GOAL OF THE EXERCISE - Once the line containing "(ks : List OAuth2Key) (l" is found in the entries below, reproduce it and every line after it, stopping at and including the line containing "after_all_keeps ks l"; reproduce nothing else, and keep each line exact.

STORED DATA -
____________________

-- ===== src/Connect/Credentials.antt =====
-- Which credentials a connection sends (`resolve_auth` and `connect` of backend.rs).
use stackable_odbc_trino.Connect.Auth.{Auth}
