-- ===== src/Connect/Logins.antt =====
-- One interactive login per identity (`oauth2_auth` of backend.rs).
use mathlib.Core.Path.{subst}
use stackable_odbc_trino.Base.{
  ℕ, ◌<◌, ◌≡◌, refl, sym, ap, ◌∙◌, ◌↔◌, ◌⊎◌, true, List, [], ◌∷◌, Option, none, some, arith, inl,
  inr, Bool-cases,
}
use stackable_odbc_trino.Base.Text.{Text}
use stackable_odbc_trino.Base.Text.Compare.{eq_text-eq, eq_text_refl}
use stackable_odbc_trino.Connect.Auth.{
  OAuth2Key, eq_option, eq_key, Logins, login_of, remember, oauth2_auth,
}

eq_option-eq : (a b : Option Text) → eq_option a b ≡ true → a ≡ b
unfolding eq_option
eq_option-eq none none h = refl
eq_option-eq (some s) (some t) h = ap some (eq_text-eq s t h)
eq_option-eq _ _ h = cc

eq_option_refl : (a : Option Text) → eq_option a a ≡ true
unfolding eq_option
eq_option_refl none = refl
eq_option_refl (some s) = eq_text_refl s

eq_key-eq : (k l : OAuth2Key) → eq_key k l ≡ true → k ≡ l
unfolding eq_key
eq_key-eq k l h =
    let secure : k.secure ≡ l.secure = ground arith in
    let host = eq_text-eq k.host l.host (ground arith) in
    let port : k.port ≡ l.port = ground arith in
    let user = eq_option-eq k.user l.user (ground arith) in
    ap (λ a. record k { secure = a }) secure
    ∙ ap (λ a. record k { secure = l.secure; host = a }) host
    ∙ ap (λ a. record l { port = a; user = k.user }) port
    ∙ ap (λ a. record l { user = a }) user

eq_key_refl : (k : OAuth2Key) → eq_key k k ≡ true
unfolding eq_key
eq_key_refl k = let host = eq_text_refl k.host in let user = eq_option_refl k.user in ground arith

-- No two identities share a login, and the next login is a new one.
pub record IsValid (st : Logins) : Type 0 where
  pub unused : (k : OAuth2Key) (id : ℕ) → login_of k st.known ≡ some id → id < st.next
  pub distinct :
      (k l : OAuth2Key) (id : ℕ)
      → login_of k st.known ≡ some id
      → login_of l st.known ≡ some id
      → k ≡ l

-- The state after connections with these identities.
unfoldable pub after_all : List OAuth2Key → Logins → Logins
after_all [] st = st
after_all (k ∷ ks) st = after_all ks (oauth2_auth k st).1

-- A login found behind a new one is either that one or an old one.
login_of_cons :
    (l k : OAuth2Key) (new : ℕ) (known : List (OAuth2Key × ℕ)) {id : ℕ}
    → login_of l ((k, new) ∷ known) ≡ some id
    → ((l ≡ k) × (new ≡ id)) ⊎ (login_of l known ≡ some id)
unfolding login_of
login_of_cons l k new known h = elim (Bool-cases (eq_key l k)) [
  | inl e ↦ inl (eq_key-eq l k e, ground arith)
  | inr e ↦ inr (ground arith)
]

remember-IsValid :
    (k : OAuth2Key) (st : Logins) (o : Option ℕ)
    → login_of k st.known ≡ o
    → IsValid st
    → IsValid (remember k st o).1
unfolding remember
remember-IsValid k st (some id) e v = v
remember-IsValid k st none e v = record {
  unused = λ l id h. elim (login_of_cons l k st.next st.known h) [
    | inl (same, new) ↦ omega (arith, new)
    | inr old ↦ let before = v.unused l id old in omega (arith, before)
  ];
  distinct = λ l m id hl hm. elim (login_of_cons l k st.next st.known hl) [
    | inl (a, new) ↦ elim (login_of_cons m k st.next st.known hm) [
      | inl (b, _) ↦ a ∙ sym b
      | inr old ↦ let before = v.unused m id old in absurd (omega (arith, before, new))
    ]
    | inr found ↦ elim (login_of_cons m k st.next st.known hm) [
      | inl (b, new) ↦ let before = v.unused l id found in absurd (omega (arith, before, new))
      | inr old ↦ v.distinct l m id found old
    ]
  ];
}

remember_keeps :
    (k l : OAuth2Key) (st : Logins) (o : Option ℕ) {id : ℕ}
    → login_of k st.known ≡ o
    → login_of l st.known ≡ some id
    → login_of l (remember k st o).1.known ≡ some id
unfolding remember login_of
remember_keeps k l st (some a) e h = h
remember_keeps k l st none e h = elim (Bool-cases (eq_key l k)) [
  | inl same ↦
      let found : login_of k st.known ≡ some _ =
        ap (λ n. login_of n st.known) (sym (eq_key-eq l k same)) ∙ h in
      cc
  | inr other ↦ ground arith
]

remember_known :
    (k : OAuth2Key) (st : Logins) (o : Option ℕ)
    → login_of k st.known ≡ o
    → login_of k (remember k st o).1.known ≡ some (remember k st o).0
unfolding remember login_of
remember_known k st (some a) e = e
remember_known k st none e = rw (eq_key_refl k) refl

oauth2_auth-IsValid : (k : OAuth2Key) (st : Logins) → IsValid st → IsValid (oauth2_auth k st).1
unfolding oauth2_auth
oauth2_auth-IsValid k st v = remember-IsValid k st (login_of k st.known) refl v

after_all-IsValid : (ks : List OAuth2Key) (st : Logins) → IsValid st → IsValid (after_all ks st)
unfolding after_all
after_all-IsValid [] st v = v
after_all-IsValid (k ∷ ks) st v =
    after_all-IsValid ks (oauth2_auth k st).1 (oauth2_auth-IsValid k st v)

after_all_keeps :
    (ks : List OAuth2Key) (l : OAuth2Key) (st : Logins) {id : ℕ}
    → login_of l st.known ≡ some id
    → login_of l (after_all ks st).known ≡ some id
unfolding after_all oauth2_auth
after_all_keeps [] l st h = h
after_all_keeps (k ∷ ks) l st {id} h =
    after_all_keeps ks l (oauth2_auth k st).1 {id = id}
      (remember_keeps k l st (login_of k st.known) {id = id} refl h)

-- Two connections of the process, with any others between them, get the same login exactly if they
-- have the same identity: nobody logs in twice, and no identity is served from another one's login.
pub oauth2_auth_shares :
    (st : Logins) (k l : OAuth2Key) (between : List OAuth2Key)
    → IsValid st
    → ((oauth2_auth k st).0 ≡ (oauth2_auth l (after_all between (oauth2_auth k st).1)).0) ↔ (k ≡ l)
oauth2_auth_shares st k l between v =
    let first = (oauth2_auth k st).1 in
    let middle = after_all between first in
    let known : login_of k first.known ≡ some (oauth2_auth k st).0 =
      unfold oauth2_auth in remember_known k st (login_of k st.known) refl in
    let kept = after_all_keeps between k first known in
    let last_known : login_of l (oauth2_auth l middle).1.known ≡ some (oauth2_auth l middle).0 =
      unfold oauth2_auth in remember_known l middle (login_of l middle.known) refl in
    let kept_last : login_of k (oauth2_auth l middle).1.known ≡ some (oauth2_auth k st).0 =
      unfold oauth2_auth in remember_keeps l k middle (login_of l middle.known) refl kept in
    let valid =
      oauth2_auth-IsValid l middle (after_all-IsValid between first (oauth2_auth-IsValid k st v)) in
    (
      λ same. valid.distinct k l (oauth2_auth k st).0 kept_last (last_known ∙ ap some (sym same)),
      λ same.
          let again : login_of l (oauth2_auth l middle).1.known ≡ some (oauth2_auth k st).0 =
            subst (λ n. login_of n (oauth2_auth l middle).1.known ≡ some (oauth2_auth k st).0) same
              kept_last in
          let both : some (oauth2_auth k st).0 ≡ some (oauth2_auth l middle).0 =
            sym again ∙ last_known in
          cc,
    )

____________________

OUTPUT OF THE EXERCISE -
    (ks : List OAuth2Key) (l : OAuth2Key) (st : Logins) {id : ℕ}
    → login_of l st.known ≡ some id
    → login_of l (after_all ks st).known ≡ some id
unfolding after_all oauth2_auth
after_all_keeps [] l st h = h
after_all_keeps (k ∷ ks) l st {id} h =
    after_all_keeps ks l (oauth2_auth k st).1 {id = id}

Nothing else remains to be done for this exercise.